Earthlock: Festival of Magic Review – Charmingly Average

You won’t find much in Earthlock that you haven’t seen in hundreds of other RPGs.

Posted By | On 07th, Sep. 2016 Under Article, Reviews | Follow This Author @ZootPlays

Earthlock: Festival of Magic from developers Snowcastle Games shows us the love and commitment some independent developers put into their products while at the same time giving us a full view of just how limiting it can be for small studios to produce a console-style game on a budget. Earthlock shows us an average to good game that isn’t quite ready for the spotlight, but there are moments of fun to be had from time to time.

The story of Earthlock is about a world called Umbra. When a major event took place it completely stopped the planet from spinning and now there is a light world and a dark one. Luckily I’m not a scientist or I’d tell you that ending the rotation of a planet would spell catastrophic ends to almost every living thing; but even more luckily, magic is in play so everything will turn out just fine… I hope. There are quite a few characters in Earthlock, and by the simple click of RB or RT you can run around as any of them.
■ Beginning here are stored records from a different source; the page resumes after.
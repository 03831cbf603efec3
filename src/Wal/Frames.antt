-- ===== src/Wal/Frames.antt =====
-- The loop of `recover` finds each whole frame, and stops at a torn one.
use focal_vector.Base.{
  ℕ, suc, ◌+◌, ◌-◌, ◌≤◌, ◌<◌, ◌≡◌, ◌⊎◌, inl, inr, refl, sym, ap, ◌∙◌, subst, List, [], ◌∷◌, ◌++◌,
  length, take, drop, arith, ltb, is_empty, append_assoc, take-append, drop-append,
  take-append-drop, length-append, length-take, le→leb, le→ltb, lt→leb, ltb→lt, ltb→le, ==_refl,
  Bool-cases,
}
use focal_vector.Outcome.{Error}
use focal_vector.Bytes.{to_le_bytes, from_le_bytes, length-to_le_bytes, from_le-to_le}
use focal_vector.Crc.{crc32c, crc32c_range}
use focal_vector.Str.{str_eq_iff}
use focal_vector.Wal.{
  wal_magic, max_frame_bytes, frame, complete, eof, truncated, read_exact_or_eof, Scanned, stop,
  refuse, payload, scan_body, scan_header, scan_frame,
}

read_exact-append :
    (n : ℕ) (xs ys : List ℕ) → length xs ≡ n → read_exact_or_eof n (xs ++ ys) ≡ complete xs ys
unfolding read_exact_or_eof
read_exact-append n xs ys e = rw (
  le→leb n (length (xs ++ ys)) (omega (arith, length-append xs ys)),
  ← e,
  take-append xs ys,
  drop-append xs ys,
)

-- A short read is one or the other, and the loop ends at both.
read_exact_short :
    (n : ℕ) (xs : List ℕ)
    → length xs < n
    → (read_exact_or_eof n xs ≡ eof) ⊎ (read_exact_or_eof n xs ≡ truncated)
unfolding read_exact_or_eof
read_exact_short n xs h = elim (Bool-cases (is_empty xs)) [
  | inl e ↦ inl (rw (lt→leb n (length xs) h, e))
  | inr e ↦ inr (rw (lt→leb n (length xs) h, e))
]

abbrev header : List ℕ → List ℕ
header p = wal_magic ++ to_le_bytes 4 (length p)

abbrev body : List ℕ → List ℕ
body p = p ++ to_le_bytes 4 (crc32c p)

length-header : (p : List ℕ) → length (header p) ≡ 8
length-header p = omega (arith, length-to_le_bytes 4 (length p))

length-body : (p : List ℕ) → length (body p) ≡ length p + 4
length-body p =
    omega (arith, length-append p (to_le_bytes 4 (crc32c p)), length-to_le_bytes 4 (crc32c p))

frame_parts : (p : List ℕ) → frame p ≡ header p ++ body p
unfolding frame
frame_parts p = sym (append_assoc wal_magic (to_le_bytes 4 (length p)) (body p))

pub length-frame : (p : List ℕ) → length (frame p) ≡ 8 + (length p + 4)
length-frame p =
    ap length (frame_parts p)
    ∙ length-append (header p) (body p)
    ∙ omega (arith, length-header p, length-body p)

-- the header of a frame is accepted, and gives the payload's length
scan-header :
    (k : ℕ) (p rest : List ℕ)
    → length p ≤ max_frame_bytes
    → scan_header k (header p) rest ≡ scan_body k (length p) rest
unfolding scan_header
scan-header k p rest h = rw (
  (str_eq_iff wal_magic wal_magic).1 refl,
  from_le-to_le 4 (length p) (omega arith),
  le→ltb max_frame_bytes (length p) h,
)

scan-body : (k : ℕ) (p rest : List ℕ) → scan_body k (length p) (body p ++ rest) ≡ payload p rest
unfolding scan_body
scan-body k p rest = rw (
  read_exact-append (length p + 4) (body p) rest (length-body p),
  scan_body,
  take-append p (to_le_bytes 4 (crc32c p)),
  drop-append p (to_le_bytes 4 (crc32c p)),
  from_le-to_le 4 (crc32c p) (crc32c_range p),
  ==_refl (crc32c p),
)

pub scan_frame-frame :
    (k : ℕ) (p rest : List ℕ)
    → length p ≤ max_frame_bytes
    → scan_frame k (frame p ++ rest) ≡ payload p rest
unfolding scan_frame
scan_frame-frame k p rest h =
    rw
      (
        ap (λ xs. xs ++ rest) (frame_parts p) ∙ append_assoc (header p) (body p) rest,
        read_exact-append 8 (header p) (body p ++ rest) (length-header p),
        scan_frame,
      )
      (scan-header k p (body p ++ rest) h ∙ scan-body k p rest)

-- A prefix of a frame that lacks at least a byte is a torn tail.
take_past : (n : ℕ) (xs ys : List ℕ) → take (length xs + n) (xs ++ ys) ≡ xs ++ take n ys
take_past n [] ys = let e : 0 + n ≡ n = omega arith in ap (λ k. take k ys) e
take_past n (x ∷ xs) ys =
    let e : suc (length xs) + n ≡ suc (length xs + n) = omega arith in
    ap (λ k. take k (x ∷ xs ++ ys)) e ∙ ap (λ zs. x ∷ zs) (take_past n xs ys)

scan_frame_short : (k : ℕ) (xs : List ℕ) → length xs < 8 → scan_frame k xs ≡ stop
unfolding scan_frame
scan_frame_short k xs h = elim (read_exact_short 8 xs h) [
  | inl e ↦ rw (e, scan_frame)
  | inr e ↦ rw (e, scan_frame)
]

scan_body_short : (k size : ℕ) (xs : List ℕ) → length xs < size + 4 → scan_body k size xs ≡ stop
unfolding scan_body
scan_body_short k size xs h = elim (read_exact_short (size + 4) xs h) [
  | inl e ↦ rw (e, scan_body)
  | inr e ↦ rw (e, scan_body)
]

length-take_le : (n : ℕ) (xs : List ℕ) → length (take n xs) ≤ n
length-take_le n xs = omega (arith, length-take n xs)

scan_frame_torn_body :
    (k m : ℕ) (p : List ℕ)
    → length p ≤ max_frame_bytes
    → m < length p + 4
    → scan_frame k (take (8 + m) (frame p)) ≡ stop
unfolding scan_frame
scan_frame_torn_body k m p h short =
    rw
      (
        frame_parts p,
        ap (λ n. take (n + m) (header p ++ body p)) (sym (length-header p))
            ∙ take_past m (header p) (body p),
        read_exact-append 8 (header p) (take m (body p)) (length-header p),
        scan_frame,
      )
      (scan-header k p (take m (body p)) h
        ∙ scan_body_short k (length p) (take m (body p))
            (omega (arith, length-take_le m (body p), short)))

pub scan_frame-torn :
    (k n : ℕ) (p : List ℕ)
    → length p ≤ max_frame_bytes
    → n < length (frame p)
    → scan_frame k (take n (frame p)) ≡ stop
scan_frame-torn k n p h short = elim (Bool-cases (ltb n 8)) [
  | inl e ↦
      scan_frame_short k (take n (frame p))
        (omega (arith, length-take_le n (frame p), ltb→lt n 8 e))
  | inr e ↦
      subst (λ n. scan_frame k (take n (frame p)) ≡ stop) (omega (arith, ltb→le n 8 e))
        (scan_frame_torn_body k (n - 8) p h (omega (arith, ltb→le n 8 e, short, length-frame p)))
]

length_le_drop : (n : ℕ) (xs : List ℕ) → n ≤ length xs → length xs ≡ n + length (drop n xs)
length_le_drop n xs h =
    ground (arith, take-append-drop n xs, length-append (take n xs) (drop n xs), length-take n xs)

read_exact-ok :
    (n : ℕ) (file xs rest : List ℕ)
    → read_exact_or_eof n file ≡ complete xs rest
    → (xs ≡ take n file) × (length file ≡ n + length rest)
unfolding read_exact_or_eof
read_exact-ok n file xs rest h = ground (arith, length_le_drop n file)

scan_body-ok :
    (k size : ℕ) (file p rest : List ℕ)
    → scan_body k size file ≡ payload p rest
    → length file ≡ length p + 4 + length rest
unfolding scan_body read_exact_or_eof
scan_body-ok k size file p rest h = ground (
  arith,
  length_le_drop (size + 4) file,
  length-take size (take (size + 4) file),
  length-take (size + 4) file,
)

scan_header-ok :
    (k : ℕ) (header file p rest : List ℕ)
    → scan_header k header file ≡ payload p rest
    → length file ≡ length p + 4 + length rest
unfolding scan_header
scan_header-ok k header file p rest h =
    ground (arith, scan_body-ok k (from_le_bytes (drop 4 header)) file p rest)

-- The loop goes on behind the frame that it has read.
pub scan_frame-ok :
    (k : ℕ) (file p rest : List ℕ)
    → scan_frame k file ≡ payload p rest
    → length file ≡ 8 + (length p + 4) + length rest
unfolding scan_frame read_exact_or_eof
scan_frame-ok k file p rest h =
    ground (arith, length_le_drop 8 file, scan_header-ok k (take 8 file) (drop 8 file) p rest)

pub data OneOf (s : Scanned) : Type 0 where
  stops : s ≡ stop → OneOf s
  refuses : (e : Error) → s ≡ refuse e → OneOf s
  finds : (p rest : List ℕ) → s ≡ payload p rest → OneOf s

pub Scanned-cases : (s : Scanned) → OneOf s
Scanned-cases stop = stops refl
Scanned-cases (refuse e) = refuses e refl
Scanned-cases (payload p rest) = finds p rest refl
Character models are simple in design, but I definitely enjoyed the way each of them looked. Each town has its own look and feel but remains equal to the design themes of the rest of the world. Though I’m sure many would find the aesthetics of this game bland and uninteresting, I found it charming and fairy tale-like. Enough for a good time, but you will never be blown away by anything the game has to offer, aesthetically or otherwise. Oh, and did I mention that if you need ammo, the game will teach you how to grow your own… in an ammo garden?!


"Oh, and did I mention that if you need ammo, the game will teach you how to grow your own… in an ammo garden?!"

There aren’t many new features in this RPG which can be expected from a lower budget title, but there is an interesting addition. By clicking A right before running straight into an enemy, you have a chance to attack first. If you don’t click A and go head-on with the enemy, it will be considered a Fair Fight. If they get you from behind, they have the advantage and hit first when the battle begins. A counter, that I had trouble locating at first (inside the mini map at the bottom left of the screen), counts to let you know when exactly to click before you’ll enter battle. It’s quite a unique addition to gaining an advantage in battle.

The battle system is turn-based and is quite straight forward: I hit, they hit, they hit, I hit formula. Unlike some of those extremely complicated JPGs that have a bar and names, and faces attached to the bar, then something flashes, some reason you miss a turn, etc, here, you can clearly see the order of turns for about 10 turns ahead. A turn indicator scaling vertically along the right side of the screen always lets you know whose turn is coming up next without compromise.


"Another aspect I would have liked improved would definitely be the world map you travel across when not in a town or other areas of interest."

Sure, this is an indie title — fair enough. So there will be moments of, “this would have worked better here.” Or, “that doesn’t quite work right there.” Earthlock feels indie through and through, but it’s worth the price of admission. However there are a few things that could have been improved upon if there was just a little more time. Namely sound effects: when in battle, for the most part, there are moments when attacks land without a sound.

Another aspect I would have liked improved would definitely be the world map. The map, like many RPGs before it, offers a large scale where the character travels a long road to make it from city to city and more. However, this world map is a bit muddy looking and plain. There’s not much to discover around the world of Earthlock. It feels as though the developers just wanted the player to get from one location to the next and focus on battling the enemies that slither across the path from point A to point B.


"RPGs are known for a lot of things: battle systems, characters and story. And right there are the three main focuses Earthlock only dabbles ever so slightly in."

What a lot of indie developers get wrong is the music for their games. Interestingly enough, Earthlock got the music just right. There’s intensity when the situation calls for alarm; there’s a whimsical allure when you’re traveling through ancient cities; and all of the music plays to the perfect beat of understanding where you are in the game.

RPGs are known for a lot of things: battle systems, characters and story. And right there are the three main focuses Earthlock only dabbles ever so slightly in. The  story of Earthlock is as stereotypical as it can be. I would consider this a “first timers” style of RPG. There are no story elements that are too complicated to understand; no character deep enough to really theorize with, or contemplate their emotions; there are no elements in the game even the most amateur player could not understand and catch onto even without reading the instructions of battle. With that being said, this game is  charming and brings back that sense of childhood when games were at a simpler time.  When you could sit back, relax and just go. And that’s what this game’s legacy will be: a relaxing walk in the park. However, the thing about living in the world of video games is that around that enclosed park are thousands of more exhilarating parks with even bigger and better rides.

This game was reviewed on the Xbox One.


Growing ammo is pretty neat, along with the musical score, and the cool looking characters.


Everything is average all around: from the battle system to the world map. There is almost no reason to explore beyond where you need to be.

Final Verdict

You won't find much in Earthlock that you haven't seen in hundreds of other RPGs, but there is a charm here that you may just want to be a part of.